FIG. 11 is a schematic view of the main components of the device C of the present invention.

[Explanation of symbols]

 1. Device body 2. Mesh plate 3. Permeation membrane 4. Cathode or positive electrode 5. Negative electrode or positive electrode 6. Packing 7. Lid 8. Plug 9. Electrical control circuit housing 10. Snap for hooking the lid 11. Partition packing 12. Partition groove 13. Electrolyzer unit 14. Power supply unit 15. Connection terminal part

Claims (8)

[Claims] 1. An electrolytic ionic water disinfection device structure for disinfecting a contact lens, which has a two-vessel structure in which an upper part is divided by a partition wall made of a permeable membrane and a lower part is divided into a negative electrode and another part.
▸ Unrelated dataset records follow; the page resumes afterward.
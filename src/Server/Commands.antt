-- ===== src/Server/Commands.antt =====
-- RTMPSession::HandleCommandMessage.
use live_streaming.Base.{
  ℕ, zero, suc, ◌+◌, ◌-◌, ◌*◌, ◌/◌, ◌^◌, Bool, true, false, List, [], ◌∷◌, ◌==◌, ◌&&◌, ◌||◌, leb,
  if◌then◌else◌, length, drop, Option, none, some, ℤ, pos, negsuc, update, bytes_eq, codes,
}
use live_streaming.Result.{Result, ok, aborts, ◌>>=◌}
use live_streaming.Stream.{Stream, ◌>>◌}
use live_streaming.Chunk.Sending.{Outgoing, serialize_chunks}
use live_streaming.Control.{
  serialize_ack_window_size, ack_window_size_type, serialize_set_peer_bandwidth,
  set_peer_bandwidth_type,
}
use live_streaming.Command.Marker
use live_streaming.Command.{
  ActionScriptObject, Dict, object, nil, entry, plain, CommandMessage, new_command,
  serialize_command, insert_entry,
}
use live_streaming.Room.Manager.{create_room, enter_room}
use live_streaming.Session.{
  RtmpSession, undefined, pull, push, Environment, append_output, set_need_close, write,
}
use live_streaming.Server.World.{World, on_session, make_sends}

-- The commands that the handler tells apart.
pub data CommandName : Type 0 where
  connect acknowledged create_stream publish play unanswered unknown : CommandName

unfoldable pub command_name : List ℕ → CommandName
command_name name =
    if bytes_eq name (codes "connect")
    then connect
    else if bytes_eq name (codes "releaseStream")
        || bytes_eq name (codes "FCPublish")
        || bytes_eq name (codes "FCUnpublish")
    then acknowledged
    else if bytes_eq name (codes "createStream")
    then create_stream
    else if bytes_eq name (codes "publish")
    then publish
    else if bytes_eq name (codes "play")
    then play
    else if bytes_eq name (codes "deleteStream") || bytes_eq name (codes "getStreamLength")
    then unanswered
    else unknown

unfoldable pub find_entry : List ℕ → Dict → Option ActionScriptObject
find_entry name nil = none
find_entry name (entry k v rest) = if bytes_eq k name then some v else find_entry name rest

abbrev pub string_value : ActionScriptObject → List ℕ
string_value (object m n s d) = s

abbrev pub dict_value : ActionScriptObject → Dict
dict_value (object m n s d) = d

abbrev pub is_digit : ℕ → Bool
is_digit c = leb b'0' c && leb c b'9'

-- The loop of "connect", on what is left of the URL from the index on: the index goes up, and the
-- null character behind the last one stops it.
unfoldable pub room_digits : List ℕ → ℕ → ℕ
room_digits [] room_id = room_id
room_digits (c ∷ rest) room_id =
    if is_digit c then room_digits rest (room_id * 10 + (c - b'0')) else room_id

-- The index starts at the last character.
unfoldable pub room_of_url : List ℕ → ℕ
unfolding room_digits
room_of_url url = room_digits (drop (length url - 1) url) 0

unfoldable pub connect_room : CommandMessage → ℤ → ℤ
unfolding room_of_url find_entry
connect_room c room_id = elim (find_entry (codes "tcUrl") (dict_value c.obj1)) [
  | none ↦ room_id
  | some url ↦ pos (room_of_url (string_value url))
]

-- A control or command message to send: the constructor leaves timestamp and stream id at 0.
abbrev pub outgoing : ℕ → Stream (Unit {0}) → Outgoing
outgoing type body = record { type = type; timestamp = 0; stream_id = 0; body = body }

abbrev pub command_type : ℕ
command_type = 20

-- A message for ByteStream(WriteDataBuffer()) << ChunkSerializeHelper(this, ...).
abbrev pub chunked : Environment → RtmpSession → Outgoing → Stream (Unit {0})
chunked env s m = serialize_chunks env.uptime s.max_chunk_size_for_sending m

unfoldable pub result_command : ℕ → ActionScriptObject → ActionScriptObject → CommandMessage
unfolding new_command
result_command id obj1 obj2 = record (new_command (codes "_result") id) { obj1 = obj1; obj2 = obj2 }

unfoldable pub string_object : List ℕ → ActionScriptObject
string_object s = object Marker.string 0 s nil

unfoldable pub status_command : ℕ → List ℕ → CommandMessage
unfolding new_command string_object insert_entry
status_command id code =
    let level = insert_entry (codes "level") (string_object (codes "info")) nil in
    let with_code = insert_entry (codes "code") (string_object code) level in
    let info =
      insert_entry (codes "description") (string_object (codes "NetStream.Publish.Start"))
        with_code in
    record (new_command (codes "onStatus") id) {
      obj1 = plain Marker.null_type;
      obj2 = object Marker.object 0 [] info;
    }

-- The conversion of a number below 2 ^ 53 to the bits of a double; `log` is its binary logarithm.
unfoldable pub log2 : ℕ → ℕ → ℕ
log2 zero n = 0
log2 (suc fuel) n = let rest = log2 fuel (n / 2) in if leb n 1 then 0 else suc rest

unfoldable pub double_of : ℕ → ℕ
unfolding log2
double_of n =
    let log = log2 53 n in
    if n == 0 then 0 else (1023 + log) * 2 ^ 52 + (n - 2 ^ log) * 2 ^ (52 - log)

abbrev pub respond : Environment → CommandMessage → RtmpSession → Result RtmpSession
respond env c s = append_output (chunked env s (outgoing command_type (serialize_command c))) s

unfoldable pub handle_connect : Environment → CommandMessage → RtmpSession → Result RtmpSession
unfolding connect_room
handle_connect env c s =
    append_output
      (chunked env s (outgoing ack_window_size_type (serialize_ack_window_size 1024))
        >> chunked env s (
            outgoing set_peer_bandwidth_type
              (serialize_set_peer_bandwidth (record { window_size = 1024; limit = 1 })))
        >> chunked env s (
            outgoing command_type (
              serialize_command (result_command c.id (plain Marker.object) (plain Marker.object)))))
      (record s { room_id = connect_room c s.room_id })

unfoldable pub handle_create_stream :
    Environment → CommandMessage → RtmpSession → Result RtmpSession
handle_create_stream env c s =
    respond env
      (result_command c.id (plain Marker.null_type)
        (object Marker.double (double_of s.msid_for_create_stream) [] nil))
      s

-- The handlers of "publish" and "play" say whether they returned early, without the final Write.
abbrev pub Handled : Type 0
Handled = Result (World × Bool)

abbrev pub refuse : ℕ → World → Handled
refuse key w = on_session key (λ s. ok (set_need_close s)) w >>= λ w'. ok (w', true)

abbrev pub answer : ℕ → (RtmpSession → Result RtmpSession) → World → Handled
answer key f w = on_session key f w >>= λ w'. ok (w', false)

unfoldable pub handle_publish : Environment → ℕ → CommandMessage → RtmpSession → World → Handled
handle_publish env key c s w = elim s.type [
  | undefined ↦
      let (manager, room_id) = create_room w.manager in
      let s' = record s { type = push; room_id = room_id } in
      let w' : World = record { sessions = update w.sessions key s'; manager = manager } in
      elim room_id [
        | negsuc n ↦ refuse key w'
        | pos id ↦
            answer key (respond env (status_command c.id (codes "NetStream.Publish.Start"))) w'
      ]
  | _ ↦ refuse key w
]

unfoldable pub handle_play : Environment → ℕ → CommandMessage → RtmpSession → World → Handled
handle_play env key c s w = elim s.type [
  | undefined ↦
      let s' = record s { type = pull } in
      enter_room s.room_id key w.manager >>= λ (manager, entered, sends).
      make_sends env sends (record { sessions = update w.sessions key s'; manager = manager })
      >>= λ w'.
          if entered
          then answer key (respond env (status_command c.id (codes "NetStream.Play.Start"))) w'
          else refuse key w'
  | _ ↦ refuse key w
]

unfoldable pub dispatch_command :
    CommandName → Environment → ℕ → CommandMessage → RtmpSession → World → Handled
unfolding handle_connect handle_create_stream handle_publish handle_play
dispatch_command connect env key c s w = answer key (handle_connect env c) w
dispatch_command acknowledged env key c s w =
    answer key (respond env (result_command c.id (plain Marker.object) (plain Marker.object))) w
dispatch_command create_stream env key c s w = answer key (handle_create_stream env c) w
dispatch_command publish env key c s w = handle_publish env key c s w
dispatch_command play env key c s w = handle_play env key c s w
dispatch_command unanswered env key c s w = ok (w, false)
dispatch_command unknown env key c s w = aborts

unfoldable pub handle_command_message :
    Environment → ℕ → CommandMessage → RtmpSession → World → Result World
unfolding dispatch_command command_name
handle_command_message env key c s w =
    dispatch_command (command_name c.name) env key c s w >>= λ (w', returned).
    if returned then ok w' else on_session key (λ s'. ok (write env key s').0) w'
An electrolytic ionic water disinfection device, characterized in that a positive electrode is housed in one of the tanks and is composed of a lid capable of sealing the aqueous solution contained in each of the tanks so as not to leak out. 2. The electrolytic ion water disinfection device according to claim 1, further comprising an electric control circuit for controlling the negative electrode and the positive electrode at a lower part of the device and a retractable outlet plug in the main body. . 3. The device comprises an electrode tank unit part and a power supply unit part, both units being connected by terminals,
A unit comprising a separable unit.
The electrolytic ion water disinfection device described. 4. The electrolytic ionic water disinfecting apparatus according to claim 1, wherein the negative electrode and the positive electrode are made of one or more selected from ferrite, titanium, stainless steel, platinum and platinum vapor deposition treated metals. 5. A contact lens is placed in the acidic ionized water produced by the positive electrode of the electrolytic ionized water disinfecting apparatus according to claim 1 for sterilization treatment, and after the sterilization treatment, acidic ionized water is passed through the mesh plate of the partition wall in the apparatus. And an electrolytic ion water disinfection neutralization method, which comprises mixing and neutralizing alkaline ionized water generated by a negative electrode. 6. A contact lens and a cleaning agent are placed in acidic ionized water produced by a positive electrode of the electrolytic ion water disinfection device according to claim 1 to be sterilized and washed, and after the sterilization and washing treatment, a partition wall is provided in the device. A method for neutralizing electrolytic ionic water disinfection, which comprises mixing acidic ionic water and alkaline ionic water generated by a negative electrode through the mesh plate to neutralize. 7. A contact lens is placed in the positive electrode tank of the electrolytic ion water disinfection device according to claim 1, sterilized while generating acidic ionized water, and after the sterilization process, acidic ions are passed through the mesh plate of the partition wall in the device. A method for neutralizing electrolytic ionic water disinfection, which comprises mixing water and alkaline ionized water generated by a negative electrode to neutralize the mixture. 8. A contact lens and a cleaning agent are placed in the positive electrode tank of the electrolytic ionic water disinfection device according to claim 1, sterilized and washed while generating acidic ionized water, and after the sterilization and cleaning treatment, inside the device. A method for disinfecting electrolytic ionized water, which comprises mixing acidic ionized water and alkaline ionized water generated by a negative electrode through a mesh plate of a partition wall to neutralize them.